The back wall of workshop was filled with shelves of outdoor supplies.  When I stretched my arms I looked up and I spotted the racks of guns, bows, and fishing rods that hung from the ceiling.  They were neatly ordered and evenly spaced, like an outdoorsman trophy case.  Below, there were several squirrel and otter skins drying and tanning on wooden planks that Ron had milled in his backyard.  The room was littered with hunting, trapping, and preparation supplies that detailed a life past and present out in the woods.

Ron reached and picked up a piece of birch bark half the size of printer paper.

 

“Tell me how I can catch a bird with this…”

 

Mike and I looked at each other puzzled trying to imagine the possibility.  Ron held the answer behind a smirk while he watched Mike and me try to figure out the answer.

 

“It’s about simplicity.  Complicated will fail you more often than not,” said Ron.

 

He took the birch bark and rolled it into a cone.  He then wrapped a piece of twine around it at the bottom.  I watched the calloused and rather large hands work, I really couldn’t imagine how this was going to catch me food outdoors.

 

“Now!
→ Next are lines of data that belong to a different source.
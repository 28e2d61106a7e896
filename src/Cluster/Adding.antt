-- ===== src/Cluster/Adding.antt =====
-- `add_runner` of demos/resilience-demo/lib/cluster.py: a new worker that joins a cluster.
use wallaroo.Base.{ℕ, zero, suc, ◌+◌, Bool, true, false, Option, none, some, List, [], ◌∷◌, ◌++◌}
use wallaroo.Base.{if◌then◌else◌, Error, Result, ok, err, ◌>>=◌}
use wallaroo.Base.{name_error, cluster_error, crashed_worker_error, assertion_error}
use wallaroo.Base.Text.{Text, codes}
use wallaroo.Base.Dict.{nat_eq, lookup}
use wallaroo.Cluster.{
  Runner, Cluster, Outcome, View, starts, is_alive, Process, not_started, running, exited,
}
use wallaroo.Cluster.Commands.{
  Site, Spike, make_stub, fill_stub, format, join_cmd, worker_count_cmd,
}
use wallaroo.Cluster.Start.{
  decimal, Addresses, Settings, alt_of, worker_name, new_runner, own_block,
}

-- `any(r.is_alive() for r in runners)`, which stops at the first that is.
unfoldable pub any_alive : View → List Runner → Result Bool
any_alive view [] = ok false
any_alive view (r ∷ rs) =
    is_alive (view r) >>= λ alive. if alive then ok true else any_alive view rs

-- There must be a worker that is alive.
unfoldable pub can_join : View → List Runner → Result (Unit {0})
unfolding any_alive
can_join view [] = err cluster_error
can_join view (r ∷ rs) =
    any_alive view (r ∷ rs) >>= λ alive. if alive then ok tt else err cluster_error

-- Of a spike for the new worker: the name `x` of its message is not defined.
abbrev pub no_spike : Option Spike → Result Text
no_spike none = ok []
no_spike (some sc) = err name_error

-- `WORKER_COUNT_CMD.format(…) if workers else ''`
abbrev pub count_block : ℕ → Result Text
count_block zero = ok []
count_block (suc n) = format worker_count_cmd ((codes "worker_count", decimal (suc n)) ∷ [])

-- The runner that `add_runner` makes.
unfoldable pub joining_runner :
    Site → Settings → View → List Runner → ℕ → ℕ → ℕ → Text → Addresses → Result Runner
unfolding make_stub fill_stub format can_join
joining_runner site settings view runners ident worker_id workers control_addr a = do
  stub ← make_stub site
  allowed ← can_join view runners
  spike_block ← no_spike (lookup worker_id settings.spikes)
  block ← own_block a
  count ← count_block workers
  join_block ←
      format join_cmd ((codes "join_addr", control_addr) ∷ (codes "worker_count", count) ∷ [])
  cmd ← fill_stub stub (record {
    name = worker_name worker_id;
    initializer_block = [];
    worker_block = block;
    join_block = join_block;
    alt_block = alt_of settings worker_id;
    spike_block = spike_block;
  })
  ok (new_runner ident (worker_name worker_id) cmd a)

-- `assert(runner.is_alive())`, whose errors become a CrashedWorkerError, and the runner's own error.
abbrev pub check_joined : Process → Option Error → Result (Unit {0})
check_joined not_started failure = err crashed_worker_error
check_joined (exited code) failure = err crashed_worker_error
check_joined running none = ok tt
check_joined running (some e) = err assertion_error

abbrev pub add_made : View → (Runner → Option Error) → Cluster → Result Runner → Outcome Runner
add_made after failure c (err e) = (err e, c)
add_made after failure c (ok r) = (
  check_joined (after r) (failure r) >>= λ _. ok r,
  record c {
    workers = c.workers ++ r ∷ [];
    next_ident = c.next_ident + 1;
    events = c.events ++ starts r ∷ [];
  },
)

-- `add_runner(worker_id, self.workers, …)`: what the runners do before it, and the new one behind
-- its start.
unfoldable pub add_runner :
    Site
    → Settings
    → View
    → View
    → (Runner → Option Error)
    → ℕ
    → ℕ
    → Text
    → Addresses
    → Cluster
    → Outcome Runner
unfolding joining_runner
add_runner site settings before after failure worker_id workers control_addr a c =
    add_made after failure c
      (joining_runner site settings before c.workers c.next_ident worker_id workers control_addr a)
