-- ===== src/Cluster/Commands/Formatted.antt =====
-- What the two passes of `format` make of the template of a command.
use wallaroo.Base.{◌≡◌, refl, sym, ap, ◌∙◌, Bool, true, false, List, [], ◌∷◌, ◌++◌, All}
use wallaroo.Base.{ok, ◌>>=◌}
use wallaroo.Base.Text.{Text, codes}
use wallaroo.Base.Dict.{Dict, text_eq, lookup}
use wallaroo.Cluster.Commands.{
  plain, format_from, format, brace_of, no_brace, opening, closing, emit, Brace, format_char, Site,
  make_stub, fill_stub, Fields, in_block, out_block, block_unless_none,
}

-- A text without braces.
abbrev pub Braceless : Text → Type 0
Braceless = All (λ c. brace_of c ≡ no_brace)

abbrev no_braces : Brace → Bool → Bool
no_braces no_brace rest = rest
no_braces opening rest = false
no_braces closing rest = false

abbrev braceless : Text → Bool
braceless [] = true
braceless (c ∷ t) = no_braces (brace_of c) (braceless t)

Braceless-of : (t : Text) → braceless t ≡ true → Braceless t
Braceless-of [] h = tt
Braceless-of (c ∷ t) h = go (brace_of c) refl h (Braceless-of t)
  where
    go :
        (b : Brace)
        → brace_of c ≡ b
        → no_braces b (braceless t) ≡ true
        → (braceless t ≡ true → Braceless t)
        → Braceless (c ∷ t)
    go opening e h ih = cc
    go closing e h ih = cc
    go no_brace e h ih = (e, ih h)

-- `format` takes a text without braces as it is.
format_from-Braceless :
    (d : Dict Text Text) (t s out : Text)
    → Braceless t
    → format_from d s plain ≡ ok out
    → format_from d (t ++ s) plain ≡ ok (t ++ out)
unfolding format_from
format_from-Braceless d [] s out h e = e
format_from-Braceless d (c ∷ t) s out (h, hs) e =
    ap (λ b. format_char d plain c b (format_from d (t ++ s))) h
    ∙ ap (emit c) (format_from-Braceless d t s out hs e)

abbrev onto : List Text → Text → Text
onto [] s = s
onto (t ∷ ts) s = t ++ onto ts s

format_from-onto :
    (d : Dict Text Text) (ts : List Text) (s out : Text)
    → All Braceless ts
    → format_from d s plain ≡ ok out
    → format_from d (onto ts s) plain ≡ ok (onto ts out)
format_from-onto d [] s out h e = e
format_from-onto d (t ∷ ts) s out (h, hs) e =
    format_from-Braceless d t (onto ts s) (onto ts out) h (format_from-onto d ts s out hs e)

-- The template with all of its fields in one pass.
abbrev pub one_pass : Text
one_pass =
    codes "{command} \\\n    {in_block} \\\n    {out_block} \\\n    --metrics {metrics_addr} \\\n"
    ++ (codes
          "    --resilience-dir {res_dir} \\\n    --name {name} \\\n    {initializer_block} \\\n"
        ++ (codes
              "    {worker_block} \\\n    {join_block} \\\n    {spike_block} \\\n    {alt_block} \\\n"
            ++ codes "    --ponythreads=1 \\\n    --ponypinasio \\\n    --ponynoblock"))

abbrev pub all_fields : Site → Text → Text → Fields → Dict Text Text
all_fields site inputs outputs f =
    (codes "command", site.command)
    ∷ (codes "in_block", inputs)
    ∷ (codes "out_block", outputs)
    ∷ (codes "metrics_addr", site.metrics_addr)
    ∷ (codes "res_dir", site.res_dir)
    ∷ (codes "name", f.name)
    ∷ (codes "initializer_block", f.initializer_block)
    ∷ (codes "worker_block", f.worker_block)
    ∷ (codes "join_block", f.join_block)
    ∷ (codes "alt_block", f.alt_block)
    ∷ (codes "spike_block", f.spike_block)
    ∷ []

abbrev line_end : Text
line_end = codes " \\\n    "

abbrev rest_fields : Text
rest_fields =
    codes " \\\n    --name {name} \\\n    {initializer_block} \\\n"
    ++ (codes
          "    {worker_block} \\\n    {join_block} \\\n    {spike_block} \\\n    {alt_block} \\\n"
        ++ codes "    --ponythreads=1 \\\n    --ponypinasio \\\n    --ponynoblock")

abbrev stub_text : Site → Text → Text → Text → Text
stub_text site inputs outputs rest =
    site.command
    ++ (line_end
        ++ (inputs
            ++ (line_end
                ++ (outputs
                    ++ (codes " \\\n    --metrics "
                        ++ (site.metrics_addr
                            ++ (codes " \\\n    --resilience-dir " ++ (site.res_dir ++ rest))))))))

make_stub_text :
    (site : Site) (inputs outputs : Text)
    → block_unless_none in_block (codes "inputs") site.source_addrs ≡ ok inputs
    → block_unless_none out_block (codes "outputs") site.sink_addrs ≡ ok outputs
    → make_stub site ≡ ok (stub_text site inputs outputs rest_fields)
unfolding make_stub format format_from lookup text_eq
make_stub_text site inputs outputs i o = rw (i, o) refl

abbrev filled : Fields → Text
filled f =
    codes " \\\n    --name "
    ++ (f.name
        ++ (line_end
            ++ (f.initializer_block
                ++ (line_end
                    ++ (f.worker_block
                        ++ (line_end
                            ++ (f.join_block
                                ++ (line_end
                                    ++ (f.spike_block
                                        ++ (line_end
                                            ++ (f.alt_block
                                                ++ codes
                                                    " \\\n    --ponythreads=1 \\\n    --ponypinasio \\\n    --ponynoblock")))))))))))

abbrev worker_fields : Fields → Dict Text Text
worker_fields f =
    (codes "name", f.name)
    ∷ (codes "initializer_block", f.initializer_block)
    ∷ (codes "worker_block", f.worker_block)
    ∷ (codes "join_block", f.join_block)
    ∷ (codes "alt_block", f.alt_block)
    ∷ (codes "spike_block", f.spike_block)
    ∷ []

format_from-rest : (f : Fields) → format_from (worker_fields f) rest_fields plain ≡ ok (filled f)
unfolding format_from lookup text_eq
format_from-rest f = refl

format-one_pass :
    (site : Site) (inputs outputs : Text) (f : Fields)
    → format one_pass (all_fields site inputs outputs f)
      ≡ ok (stub_text site inputs outputs (filled f))
unfolding format format_from lookup text_eq
format-one_pass site inputs outputs f = refl

fill_stub-stub_text :
    (site : Site) (inputs outputs : Text) (f : Fields)
    → Braceless site.command
    → Braceless inputs
    → Braceless outputs
    → Braceless site.metrics_addr
    → Braceless site.res_dir
    → fill_stub (stub_text site inputs outputs rest_fields) f
      ≡ ok (stub_text site inputs outputs (filled f))
unfolding fill_stub format
fill_stub-stub_text site inputs outputs f command ins outs metrics dir =
    let line = Braceless-of line_end refl in
    format_from-onto (worker_fields f)
      (site.command
        ∷ line_end
        ∷ inputs
        ∷ line_end
        ∷ outputs
        ∷ codes " \\\n    --metrics "
        ∷ site.metrics_addr
        ∷ codes " \\\n    --resilience-dir "
        ∷ site.res_dir
        ∷ [])
      rest_fields (filled f)
      (
        command,
        (
          line,
          (
            ins,
            (
              line,
              (
                outs,
                (
                  Braceless-of (codes " \\\n    --metrics ") refl,
                  (metrics, (Braceless-of (codes " \\\n    --resilience-dir ") refl, (dir, tt))),
                ),
              ),
            ),
          ),
        ),
      )
      (format_from-rest f)

-- Where the command, the two blocks of addresses, the metrics address and the directory have no
-- braces, the two passes of `format` over the template of a command return, and give what one pass
-- over the template with all of its fields gives.
pub make_stub-fill_stub :
    (site : Site) (inputs outputs : Text) (f : Fields)
    → block_unless_none in_block (codes "inputs") site.source_addrs ≡ ok inputs
    → block_unless_none out_block (codes "outputs") site.sink_addrs ≡ ok outputs
    → Braceless site.command
    → Braceless inputs
    → Braceless outputs
    → Braceless site.metrics_addr
    → Braceless site.res_dir
    → ((make_stub site >>= λ stub. fill_stub stub f)
        ≡ format one_pass (all_fields site inputs outputs f))
      × ((t : Text) × (format one_pass (all_fields site inputs outputs f) ≡ ok t))
make_stub-fill_stub site inputs outputs f i o command ins outs metrics dir = (
  ap (λ r. r >>= λ stub. fill_stub stub f) (make_stub_text site inputs outputs i o)
      ∙ fill_stub-stub_text site inputs outputs f command ins outs metrics dir
      ∙ sym (format-one_pass site inputs outputs f),
  (_, format-one_pass site inputs outputs f),
)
What you are going to do is to take some pinesap and rub it inside the cone.”

 

“When you finish your meal near your fire, take some crumbs and sprinkle them into the bottom before placing it next to where you ate.”

 

My demeanor changed from puzzled to amazed as I realized his tactic.  He didn’t want to chase the animal; he wanted to let it do all the work.  Ron shared wealth of knowledge through the evening as we used sticks, line and a knife to create a multitude of traps.  They all had specific applications and were useful in trapping in different settings.

The genuine joy that Ron shared as Mike and I watched these creations in action made me more excited than ever to get outside.  Ron impressed upon us how important it was to practice these before applying them in a time of need and expecting them to work.  When we arrived back home in Middlebury, we set up a classic paiute deadfall trap (mouse takes cheese, cheese moving lets rope go, rope pulls stick out from under brick, brick falls on mouse) for the mouse that had been frequenting our kitchen and leaving little “presents” for us in the bottom of the oven.
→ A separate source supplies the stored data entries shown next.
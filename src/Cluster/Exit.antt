-- ===== src/Cluster/Exit.antt =====
-- How a `Cluster` of demos/resilience-demo/lib/cluster.py ends: `__exit__`, `__finally__`,
-- `raise_from_error` and `stop_background_threads`. The processes are seen at each phase of its own.
pub mod Clean
pub mod Killed
use wallaroo.Base.{
  ℕ, zero, suc, Bool, true, false, Option, none, some, List, [], ◌∷◌, ◌++◌, map, ◌==◌,
}
use wallaroo.Base.{if◌then◌else◌, Error, Result, ok, err, ◌>>=◌, cluster_error}
use wallaroo.Base.Text.{Text}
use wallaroo.Cluster.{
  Runner, Cluster, View, Code, status, signalled, Process, poll, is_alive, Event, kills,
  stops_process,
}

-- What is called on others than runners.
pub data Cleanup : Type 0 where
  stops_thread : ℕ → Option Error → Cleanup
  stops_sink stops_sender : ℕ → Cleanup
  stops_metrics cleans_resilience_path : Cleanup

-- `RunnerData`, of what `returncode` gives.
pub record RunnerData : Type 0 where
  pub name : Text
  pub command : Text
  pub returncode : Option Code

pub record Session : Type 0 where
  pub cluster : Cluster
  pub sinks : List ℕ
  pub senders : List ℕ
  pub stoppables : List ℕ
  pub finalized : Bool
  pub exited : Bool
  pub raised : Bool
  pub runner_data : Option (List RunnerData)
  pub cleanups : List Cleanup

-- `stop_background_threads`
unfoldable pub stop_background_threads : Option Error → Session → Session
stop_background_threads e s = record s {
  stoppables = [];
  cleanups = s.cleanups ++ map (λ t. stops_thread t e) s.stoppables;
}

abbrev pub calls : List Event → Session → Session
calls es s = record s { cluster = record s.cluster { events = s.cluster.events ++ es } }

unfoldable pub runner_data_of : View → List Runner → Result (List RunnerData)
runner_data_of view [] = ok []
runner_data_of view (r ∷ rs) = do
  code ← poll (view r)
  rest ← runner_data_of view rs
  ok (record { name = r.name; command = r.command; returncode = code } ∷ rest)

abbrev pub finish : Result (List RunnerData) → Session → Result (Unit {0}) × Session
finish (err e) s = (err e, s)
finish (ok data_of_runners) s = (
  ok tt,
  record s {
    runner_data = some data_of_runners;
    cleanups = s.cleanups ++ cleans_resilience_path ∷ [];
    finalized = true;
  },
)

-- Everything is killed and stopped, and then the data of the runners is taken.
abbrev pub clean_up : View → Session → Result (Unit {0}) × Session
clean_up view s = finish (runner_data_of view s.cluster.runners) (record s {
  cluster = record s.cluster { events = s.cluster.events ++ map kills s.cluster.runners };
  cleanups =
      s.cleanups ++ (map stops_sink s.sinks ++ (map stops_sender s.senders ++ stops_metrics ∷ []));
})

-- `__finally__`
unfoldable pub finalize : View → Session → Result (Unit {0}) × Session
unfolding stop_background_threads runner_data_of
finalize view s =
    let stopped = stop_background_threads none s in
    if s.finalized then (ok tt, stopped) else clean_up view stopped

-- `while self.workers: w = self.workers.pop() …`, over the workers from the last: those that are
-- alive, the dead workers, and the workers that an error leaves.
pub record Popped : Type 0 where
  pub alive : List Runner
  pub dead : List Runner
  pub left : List Runner
  pub result : Result (Unit {0})

abbrev pub keep_popped : Runner → Bool → List Runner → (List Runner → Popped) → Popped
keep_popped w true dead go = let p = go dead in record p { alive = w ∷ p.alive }
keep_popped w false dead go = go (dead ++ w ∷ [])

abbrev pub pop_one :
    Runner → List Runner → Result Bool → List Runner → (List Runner → Popped) → Popped
pop_one w ws (err e) dead go = record { alive = []; dead = dead; left = ws; result = err e }
pop_one w ws (ok alive) dead go = keep_popped w alive dead go

unfoldable pub pop_workers : View → List Runner → List Runner → Popped
pop_workers view [] dead = record { alive = []; dead = dead; left = []; result = ok tt }
pop_workers view (w ∷ ws) dead = pop_one w ws (is_alive (view w)) dead (pop_workers view ws)

-- `c not in (0, -9, -15)`
abbrev pub bad_exit : Option Code → Bool
bad_exit none = true
bad_exit (some (status zero)) = false
bad_exit (some (status (suc n))) = true
bad_exit (some (signalled n)) = if n == 9 then false else (if n == 15 then false else true)

-- Whether there is a bad exit; every return code is asked for.
unfoldable pub any_bad : View → List Runner → Result Bool
any_bad view [] = ok false
any_bad view (r ∷ rs) = do
  code ← poll (view r)
  rest ← any_bad view rs
  ok (if bad_exit code then true else rest)

abbrev pub reverse_onto : List Runner → List Runner → List Runner
reverse_onto [] acc = acc
reverse_onto (r ∷ rs) acc = reverse_onto rs (r ∷ acc)

abbrev pub raise_if : Bool → Result (Unit {0})
raise_if true = err cluster_error
raise_if false = ok tt

abbrev pub some_alive : List Runner → Bool
some_alive [] = false
some_alive (r ∷ rs) = true

-- What is raised once the workers have been popped.
abbrev pub judge : View → Popped → Result (Unit {0})
judge view p = do
  popped ← p.result
  all_gone ← raise_if (some_alive p.alive)
  bad ← any_bad view p.dead
  raise_if bad

-- What the processes do behind the join, when the return codes are asked for, and at the end.
pub record Views : Type 0 where
  pub at_join : View
  pub at_codes : View
  pub at_end : View

abbrev pub popped_session : Popped → Session → Session
popped_session p s = record s {
  cluster = record s.cluster { workers = reverse_onto p.left []; dead_workers = p.dead };
}

-- `finally`: an error of `__finally__` is raised in place of another.
abbrev pub leave : Result (Unit {0}) → Result (Unit {0}) × Session → Result (Unit {0}) × Session
leave judged (err e, s) = (err e, s)
leave judged (ok done, s) = (judged, record s { exited = true })

abbrev pub exit_stopped : Views → Session → Result (Unit {0}) × Session
exit_stopped v s =
    let p = pop_workers v.at_join (reverse_onto s.cluster.workers []) s.cluster.dead_workers in
    leave (judge v.at_codes p) (
      finalize v.at_end (
        popped_session p (
          calls (map stops_process s.cluster.workers ++ map stops_process s.cluster.dead_workers)
            s)))

-- `__exit__`, with the error that is raised in the context if there is one.
unfoldable pub exit : Views → Option Error → Session → Result (Unit {0}) × Session
unfolding stop_background_threads finalize pop_workers any_bad
exit v e s = if s.exited then (ok tt, s) else exit_stopped v (stop_background_threads e s)

abbrev pub after_exit : Result (Unit {0}) × Session → Result (Unit {0}) × Session
after_exit (err e, s) = (err e, s)
after_exit (ok done, s) = (ok tt, record s { raised = true })

-- `raise_from_error`
unfoldable pub raise_from_error : Views → Error → Session → Result (Unit {0}) × Session
unfolding exit stop_background_threads
raise_from_error v e s =
    if s.raised
    then (ok tt, s)
    else after_exit (exit v (some e) (stop_background_threads (some e) s))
Just as Ron predicted, it fell a few times before we were able to get a stable version up and running.  If it were a time crunch situation with the sun going down, we wouldn’t have gotten the traps up in time.  Ron’s philosophy of practicing the skills before they are needed made sense here, trying to figure this out in the cold while hungry with shaky hands would have been no fun.  Mike and I familiarized ourselves for an hour with the trap in preparation for our final outdoors adventure, the one without Ron there to help us.

Mike and I woke up at the crack of dawn on Monday when the sun came over the ridge and poured light into our shelter.  It felt quite natural to wake up so early even though I normally sleep in.  We were so tired the night before because of all the work we had done and because the light had vanished at four in the afternoon.  We slept on leaves, with leaves covering us, in a structure made mostly of leaves.  It got us through the night but was not the most comfortable situation I have had outdoors.

When we set out to make it a “survival” adventure, Ron brought up the point that in a survival situation, you are not supposed to be comfortable.  You are supposed to make do and last until the sun comes up again so that you can get out.  Mike and I had successfully modeled our “survival situation” for twenty-four hours.

We didn’t really talk much that morning.  We were tired but we were both happy and reflecting.  I was surprised because I thought that the endeavor was going to be grandiose and a huge deal but instead, the adventure was quite easy and enjoyable.  It wasn’t what is shown on TV.  It really is a way of life that is much more accessible and possible than I imagined.   The night put into perspective many of Ron’s philosophies.  We didn’t panic and we lived.